### [HOW TO COMPLETE THIS TASK]
Exact reproduction required: the lines below from the line with "elim (Bool-cases (leb" to the line with "s') ≤ max_accounts", both ends included, and no others.

### [RECORDS TO PROCESS]
-- ===== src/Accounts/Register/Outcomes.antt =====
-- What `register_account` does to the store.
use email_summary.Prelude.{
  ℕ, ◌≤◌, String, ◌≡◌, refl, ap, ◌∙◌, true, Option, none, some, List, [], ◌∷◌, ◌++◌, arith, leb,
  if◌then◌else◌, length, length-append, inl, inr, Option-cases, Bool-cases,
}
use email_summary.Prelude.Text.{norm}
use email_summary.Accounts.Store.{
  ok, guard, chain_returned, invalid_data, Entry, State, given, or_text, open_manifest, find_entry,
  edit_first, entries_of,
}
use email_summary.Accounts.Keeps.{length-edit_first}
use email_summary.Accounts.Register.{
  Registration, new_entry, carried, kept_handle, check_handle, is_address, place, register_account,
  present, truthy,
}

open_manifest-missing_ok :
    (s : State) (entries : List Entry) → open_manifest true s ≡ ok entries → entries ≡ entries_of s
unfolding open_manifest
open_manifest-missing_ok s entries h = ground arith

place_path :
    (placed : Entry × List Entry × String) (e : Entry)
    → placed.0 ≡ e
    → placed ≡ (e, placed.1, placed.2)
place_path placed e h = rw (← h) refl

-- A registration that returns comes from one `place`, over the store's entries.
register_parts :
    (max_accounts : ℕ) (fresh : String) (reg : Registration) (s s' : State) (e : Entry)
    → register_account max_accounts fresh reg s ≡ ok (e, s')
    → (handle : String) × (after : List Entry) × (outcome : String) × (place max_accounts
          (new_entry (norm reg.email) handle reg)
          (entries_of s)
        ≡ ok (e, after, outcome))
      × (s'.manifest ≡ some after)
unfolding register_account
register_parts max_accounts fresh reg s s' e h =
    let (_, _, h₁) = chain_returned _ (guard (is_address (norm reg.email)) invalid_data) h in
    let (handle, _, h₂) =
      chain_returned _
        (check_handle (some (if given reg.handle then or_text reg.handle fresh else fresh))) h₁ in
    let (entries, opened, h₃) = chain_returned _ (open_manifest true s) h₂ in
    let (placed, done, h₄) =
      chain_returned _ (place max_accounts (new_entry (norm reg.email) handle reg) entries) h₃ in
    let same : entries ≡ entries_of s = open_manifest-missing_ok s entries opened in
    (
      handle,
      placed.1,
      placed.2,
      rw (← same) (done ∙ ap ok (place_path placed e (ground arith))),
      ground arith,
    )

kept_handle_lem :
    (handle h : Option String)
    → kept_handle handle ≡ ok h
    → h ≡ (if given handle then handle else none)
unfolding kept_handle check_handle
kept_handle_lem none h e = ground arith
kept_handle_lem (some t) h e = ground arith

-- The branch of a returning user.
place_old :
    (max_accounts : ℕ) (new old e : Entry) (entries after : List Entry) (outcome : String)
    → find_entry new.id entries ≡ some old
    → place max_accounts new entries ≡ ok (e, after, outcome)
    → (e ≡ carried (if given old.handle then old.handle else none) old new)
      × (after ≡ edit_first new.id (λ _. e) entries)
unfolding place
place_old max_accounts new old e entries after outcome there h =
    let h' = rw (there, place) at h in
    let (handle, kept, h₁) = chain_returned _ (kept_handle old.handle) h' in
    let merged : e ≡ carried handle old new = ground arith in
    (
      merged ∙ ap (λ k. carried k old new) (kept_handle_lem old.handle handle kept),
      rw merged (ground arith),
    )

length-place :
    (max_accounts : ℕ) (new e : Entry) (entries after : List Entry) (outcome : String)
    → length entries ≤ max_accounts
    → place max_accounts new entries ≡ ok (e, after, outcome)
    → length after ≤ max_accounts
unfolding place
length-place max_accounts new e entries after outcome room h =
    elim (Option-cases (find_entry new.id entries)) [
      | inl fresh ↦
          let h' = rw (fresh, place) at h in
          elim (Bool-cases (leb max_accounts (length entries))) [
            | inl full ↦ absurd (ground arith)
            | inr free ↦
                let grown : after ≡ entries ++ new ∷ [] = ground arith in
                rw grown (rw length-append (ground arith))
          ]
      | inr (old, there) ↦
          rw (place_old max_accounts new old e entries after outcome there h).1
            (rw length-edit_first room)
    ]

-- The ceiling holds: a registration that returns leaves at most the allowed number of entries, if
-- there were no more before.
pub register_account_bounded :
    (max_accounts : ℕ) (fresh : String) (reg : Registration) (s s' : State) (e : Entry)
    → length (entries_of s) ≤ max_accounts
    → register_account max_accounts fresh reg s ≡ ok (e, s')
    → length (entries_of s') ≤ max_accounts
unfolding new_entry
register_account_bounded max_accounts fresh reg s s' e room h =
    let (handle, after, outcome, placed, now) = register_parts max_accounts fresh reg s s' e h in
    rw (now, entries_of)
      (length-place max_accounts (new_entry (norm reg.email) handle reg) e (entries_of s) after
        outcome room placed)

-- A returning user keeps the handle, the plan, the telegram chat that the call does not replace,
-- the preferences, and the billing link; the names and the addresses are the call's, and no other
-- entry changes.
pub register_returning :
    (max_accounts : ℕ) (fresh : String) (reg : Registration) (s s' : State) (old e : Entry)
    → find_entry (norm reg.email) (entries_of s) ≡ some old
    → given old.handle ≡ true
    → register_account max_accounts fresh reg s ≡ ok (e, s')
    → (e.handle ≡ old.handle)
      × (e.plan_status ≡ present old.plan_status (some reg.plan_status))
      × (e.telegram_chat ≡ present (truthy reg.telegram_chat_id) old.telegram_chat)
      × (e.pii_analyzer ≡ old.pii_analyzer)
      × (e.ban_dashes ≡ old.ban_dashes)
      × (e.inference_provider ≡ old.inference_provider)
      × (e.community_calendar ≡ old.community_calendar)
      × (e.polar_customer_id ≡ truthy old.polar_customer_id)
      × (e.emails ≡ norm reg.email ∷ [])
      × (e.phones ≡ [])
      × (e.contacts ≡ [])
      × (s'.manifest ≡ some (edit_first (norm reg.email) (λ _. e) (entries_of s)))
unfolding new_entry carried
register_returning max_accounts fresh reg s s' old e there has_handle h =
    let (handle, after, outcome, placed, now) = register_parts max_accounts fresh reg s s' e h in
    let (merged, edited) =
      place_old max_accounts (new_entry (norm reg.email) handle reg) old e (entries_of s) after
        outcome there placed in
    (
      ap (λ (x : Entry). x.handle) merged ∙ rw has_handle (ground arith),
      ground arith,
      ground arith,
      ground arith,
      ground arith,
      ground arith,
      ground arith,
      ground arith,
      ground arith,
      ground arith,
      ground arith,
      now ∙ ap some edited,
    )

### [EXPECTED ANSWER]
          elim (Bool-cases (leb max_accounts (length entries))) [
            | inl full ↦ absurd (ground arith)
            | inr free ↦
                let grown : after ≡ entries ++ new ∷ [] = ground arith in
                rw grown (rw length-append (ground arith))
          ]
      | inr (old, there) ↦
          rw (place_old max_accounts new old e entries after outcome there h).1
            (rw length-edit_first room)
    ]

-- The ceiling holds: a registration that returns leaves at most the allowed number of entries, if
-- there were no more before.
pub register_account_bounded :
    (max_accounts : ℕ) (fresh : String) (reg : Registration) (s s' : State) (e : Entry)
    → length (entries_of s) ≤ max_accounts
    → register_account max_accounts fresh reg s ≡ ok (e, s')
    → length (entries_of s') ≤ max_accounts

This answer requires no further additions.